Expression des „Macrophage migration Inhibitory Factor“ (MIF) im humanen Fettgewebe und dessen Regulation

Hintergrund: Der „macrophage migration inhibitory factor“ (MIF) ist ein wichtiger Mediator im inflammatorischen Geschehen. Wegen seiner Aktivität die Migration von Macrophagen zu inhibieren, wird er in Zusammenhang gebracht mit der Anhäufung von Immunzellen in Geweben. Deswegen untersuchten wir ob humane Adipozyten MIF produzieren.

Methoden: Wir untersuchten humane Fettgewebsproben aus unterschiedlichen Depots. Fettvorläuferzellen wurden unter serum-freien Bedingungen zu Fettzellen differenziert, sowie frisch isolierte reife Fettzellen direkt für Experimente verwendet. Die MIF-Expression wurde mittels qPCR, ELISA und Immunocytochemie untersucht.

Ergebnisse: Humane Adipozyten sezernierten MIF in einer differenzierungsabhängigen Weise mit einem Sekretionsmaximum an Tag 12. Konstante MIF mRNA-Mengen konnten während der Differenzierung nachgewiesen werden. Die Immuncytochemie zeigte, dass MIF bereits in unverfetteten Zellen nachweisbar ist, die Differenzierung jedoch zu einer deutlichen Signalverstärkung führt.
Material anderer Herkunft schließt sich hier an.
-- ===== src/Auth/Preserved.antt =====
-- The writes of auth/service.py keep the spent rows of the tables spent.
pub mod Requests
pub mod Sequences
use zhiniu.Prelude.{
  ℕ, Bool, true, false, ◌||◌, ◌≡◌, refl, Option, none, some, Option-cases, inl, inr, List, [], ◌∷◌,
  ◌++◌, map, is_some, find, ◌==◌, arith, Bool-cases,
}
use zhiniu.DateTime.{DateTime, add_minutes}
use zhiniu.AccessControl.Store.{User, RegistrationInviteRecord}
use zhiniu.AccessControl.Entitlements.{get_user}
use zhiniu.Auth.Store.{
  UserSessionRecord, EmailVerificationTokenRecord, PasswordResetTokenRecord, AuthDb, Request,
  Result, UserLegalAcceptanceRecord, TransactionalEmailDeliveryRecord, or_raise, date_overflow,
  email_verification_unavailable, ok, err, after,
}
use zhiniu.Auth.Safe.{Safe, returned, Safe->>=, Safe-map, Safe-except, Safe-if, Safe-after}
use zhiniu.Auth.Kept.{Keeps, IsSpent, Keeps-append, Keeps-map}
use zhiniu.Auth.Legal.{Acceptances, accept_legal_documents}
use zhiniu.Auth.Passwords.{request_password_reset, confirm_password_reset, reset_password}
use zhiniu.Auth.Emails.{
  deliver_found, verification_row, draw_code, create_email_verification, deliver_email,
}
use zhiniu.Auth.Sessions.{
  login, with_users, create_session_record, AuthenticatedSession, session_by_hash, authenticate,
  hash_token,
}
use zhiniu.Auth.Sessions.Ending.{logout}

-- Who ended a row.
abbrev pub revoked : UserSessionRecord → Bool
revoked s = is_some s.revoked_at

abbrev pub reset_spent : PasswordResetTokenRecord → Bool
reset_spent t = is_some t.consumed_at || is_some t.revoked_at

abbrev pub token_spent : EmailVerificationTokenRecord → Bool
token_spent t = is_some t.consumed_at || is_some t.revoked_at

abbrev pub invite_spent : RegistrationInviteRecord → Bool
invite_spent i = is_some i.consumed_at || is_some i.revoked_at

pub record Kept (db : AuthDb) (db' : AuthDb) : Type 0 where
  pub sessions : Keeps (λ s. s.token_hash) revoked db.sessions db'.sessions
  pub resets : Keeps (λ t. t.token_hash) reset_spent db.resets db'.resets
  pub verifications : Keeps (λ t. t.token_hash) token_spent db.verifications db'.verifications
  pub invites : Keeps (λ i. i.code_hmac) invite_spent db.access.invites db'.access.invites

pub Kept-refl : (db : AuthDb) → Kept db db
Kept-refl db = record {
  sessions = λ h s. s;
  resets = λ h s. s;
  verifications = λ h s. s;
  invites = λ h s. s;
}

pub Kept-trans : (a b c : AuthDb) → Kept a b → Kept b c → Kept a c
Kept-trans a b c h k = record {
  sessions = λ x s. k.sessions x (h.sessions x s);
  resets = λ x s. k.resets x (h.resets x s);
  verifications = λ x s. k.verifications x (h.verifications x s);
  invites = λ x s. k.invites x (h.invites x s);
}

module _ (base : AuthDb) where
  -- The writes to a table, after others.
  pub added_session :
      (db : AuthDb) (row : UserSessionRecord)
      → Kept base db
      → Kept base (record db { sessions = db.sessions ++ row ∷ [] })
  added_session db row k = record {
    sessions = λ h x. Keeps-append _ revoked db.sessions (row ∷ []) h (k.sessions h x);
    resets = k.resets;
    verifications = k.verifications;
    invites = k.invites;
  }

  pub mapped_sessions :
      (db : AuthDb) (f : UserSessionRecord → UserSessionRecord)
      → ((s : UserSessionRecord) → (f s).token_hash ≡ s.token_hash)
      → ((s : UserSessionRecord) → revoked s ≡ true → revoked (f s) ≡ true)
      → Kept base db
      → Kept base (record db { sessions = map f db.sessions })
  mapped_sessions db f same stays k = record {
    sessions = λ h x. Keeps-map _ revoked f db.sessions same stays h (k.sessions h x);
    resets = k.resets;
    verifications = k.verifications;
    invites = k.invites;
  }

  pub mapped_resets :
      (db : AuthDb) (f : PasswordResetTokenRecord → PasswordResetTokenRecord)
      → ((t : PasswordResetTokenRecord) → (f t).token_hash ≡ t.token_hash)
      → ((t : PasswordResetTokenRecord) → reset_spent t ≡ true → reset_spent (f t) ≡ true)
      → Kept base db
      → Kept base (record db { resets = map f db.resets })
  mapped_resets db f same stays k = record {
    sessions = k.sessions;
    resets = λ h x. Keeps-map _ reset_spent f db.resets same stays h (k.resets h x);
    verifications = k.verifications;
    invites = k.invites;
  }

  pub added_reset :
      (db : AuthDb) (row : PasswordResetTokenRecord)
      → Kept base db
      → Kept base (record db { resets = db.resets ++ row ∷ [] })
  added_reset db row k = record {
    sessions = k.sessions;
    resets = λ h x. Keeps-append _ reset_spent db.resets (row ∷ []) h (k.resets h x);
    verifications = k.verifications;
    invites = k.invites;
  }

  pub mapped_verifications :
      (db : AuthDb) (f : EmailVerificationTokenRecord → EmailVerificationTokenRecord)
      → ((t : EmailVerificationTokenRecord) → (f t).token_hash ≡ t.token_hash)
      → ((t : EmailVerificationTokenRecord) → token_spent t ≡ true → token_spent (f t) ≡ true)
      → Kept base db
      → Kept base (record db { verifications = map f db.verifications })
  mapped_verifications db f same stays k = record {
    sessions = k.sessions;
    resets = k.resets;
    verifications =
        λ h x. Keeps-map _ token_spent f db.verifications same stays h (k.verifications h x);
    invites = k.invites;
  }

  pub added_verification :
      (db : AuthDb) (row : EmailVerificationTokenRecord)
      → Kept base db
      → Kept base (record db { verifications = db.verifications ++ row ∷ [] })
  added_verification db row k = record {
    sessions = k.sessions;
    resets = k.resets;
    verifications =
        λ h x. Keeps-append _ token_spent db.verifications (row ∷ []) h (k.verifications h x);
    invites = k.invites;
  }

  pub mapped_invites :
      (db : AuthDb) (users : List User) (f : RegistrationInviteRecord → RegistrationInviteRecord)
      → ((i : RegistrationInviteRecord) → (f i).code_hmac ≡ i.code_hmac)
      → ((i : RegistrationInviteRecord) → invite_spent i ≡ true → invite_spent (f i) ≡ true)
      → Kept base db
      → Kept base (record db {
        access = record db.access { users = users; invites = map f db.access.invites };
      })
  mapped_invites db users f same stays k = record {
    sessions = k.sessions;
    resets = k.resets;
    verifications = k.verifications;
    invites = λ h x. Keeps-map _ invite_spent f db.access.invites same stays h (k.invites h x);
  }

  -- Other tables are written.
  pub elsewhere :
      (db db' : AuthDb)
      → Kept base db
      → db'.sessions ≡ db.sessions
      → db'.resets ≡ db.resets
      → db'.verifications ≡ db.verifications
      → db'.access.invites ≡ db.access.invites
      → Kept base db'
  elsewhere db db' k s r v i = record {
    sessions = λ h x. rw s (k.sessions h x);
    resets = λ h x. rw r (k.resets h x);
    verifications = λ h x. rw v (k.verifications h x);
    invites = λ h x. rw i (k.invites h x);
  }

  pub changed_users :
      (db : AuthDb) (users : List User) → Kept base db → Kept base (with_users db users)
  changed_users db users k = elsewhere db (with_users db users) k refl refl refl refl

  pub delivered_row :
      (rq : Request) (db : AuthDb) (found : Option TransactionalEmailDeliveryRecord)
      → Kept base db
      → Kept base (deliver_found rq db found).1
  delivered_row rq db none k = k
  delivered_row rq db (some d) k = elsewhere db _ k refl refl refl refl

  pub created_session :
      (rq : Request) (db : AuthDb) (user : User)
      → Kept base db
      → Safe (λ p. Kept base p.1) (create_session_record rq db user)
  unfolding create_session_record
  created_session rq db user k = search (Safe->>=, returned, added_session, k) depth 8

  pub created_verification :
      (rq : Request) (db : AuthDb) (user : User)
      → Kept base db
      → Safe (λ p. Kept base p.1) (create_email_verification rq db user)
  unfolding create_email_verification
  created_verification rq db user k =
      Safe->>= {A = List ℕ} (or_raise (draw_code rq db user.id 0 10) email_verification_unavailable)
        λ code _.
          Safe->>=
            (or_raise (add_minutes rq.settings.email_verification_code_ttl_minutes rq.now)
              date_overflow)
            λ t _. returned (
              elsewhere _ _ (added_verification db (verification_row rq user code t) k) refl refl
                refl refl)

  pub delivered_email :
      (rq : Request) (db : AuthDb) → Kept base db → Kept base (deliver_email rq db).1
  unfolding deliver_email
  delivered_email rq db k = delivered_row rq db _ k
Frisch isolierte Fettzellen aus subkutanen, omentalen und mammären Fettgewebsdepots sezernierten bis zu 10.000 pg/ml/24h MIF. Mammäre Depots zeigten jedoch eine etwa 10fach geringere MIF-Freisetzung ins Kulturmedium im Vergleich zu den beiden anderen Depots. Es zeigte sich, dass die MIF Produktion positiv mit dem Spender-BMI assoziiert war. Die MIF-Sekretion wurde nicht durch LPS, IFN-γ oder IL-4 reguliert.

Zusammenfassung: Humane Präadipozyten und reife Fettzellen aus verschiedenen Depots sezernieren konstitutiv MIF. Die Sekretion ist dabei positiv mit dem Spender-BMI assoziiert. MIF könnte ein Kandidat sein, der die beobachtete Makrophageninfiltration im humanen Fettgewebe vermittelt.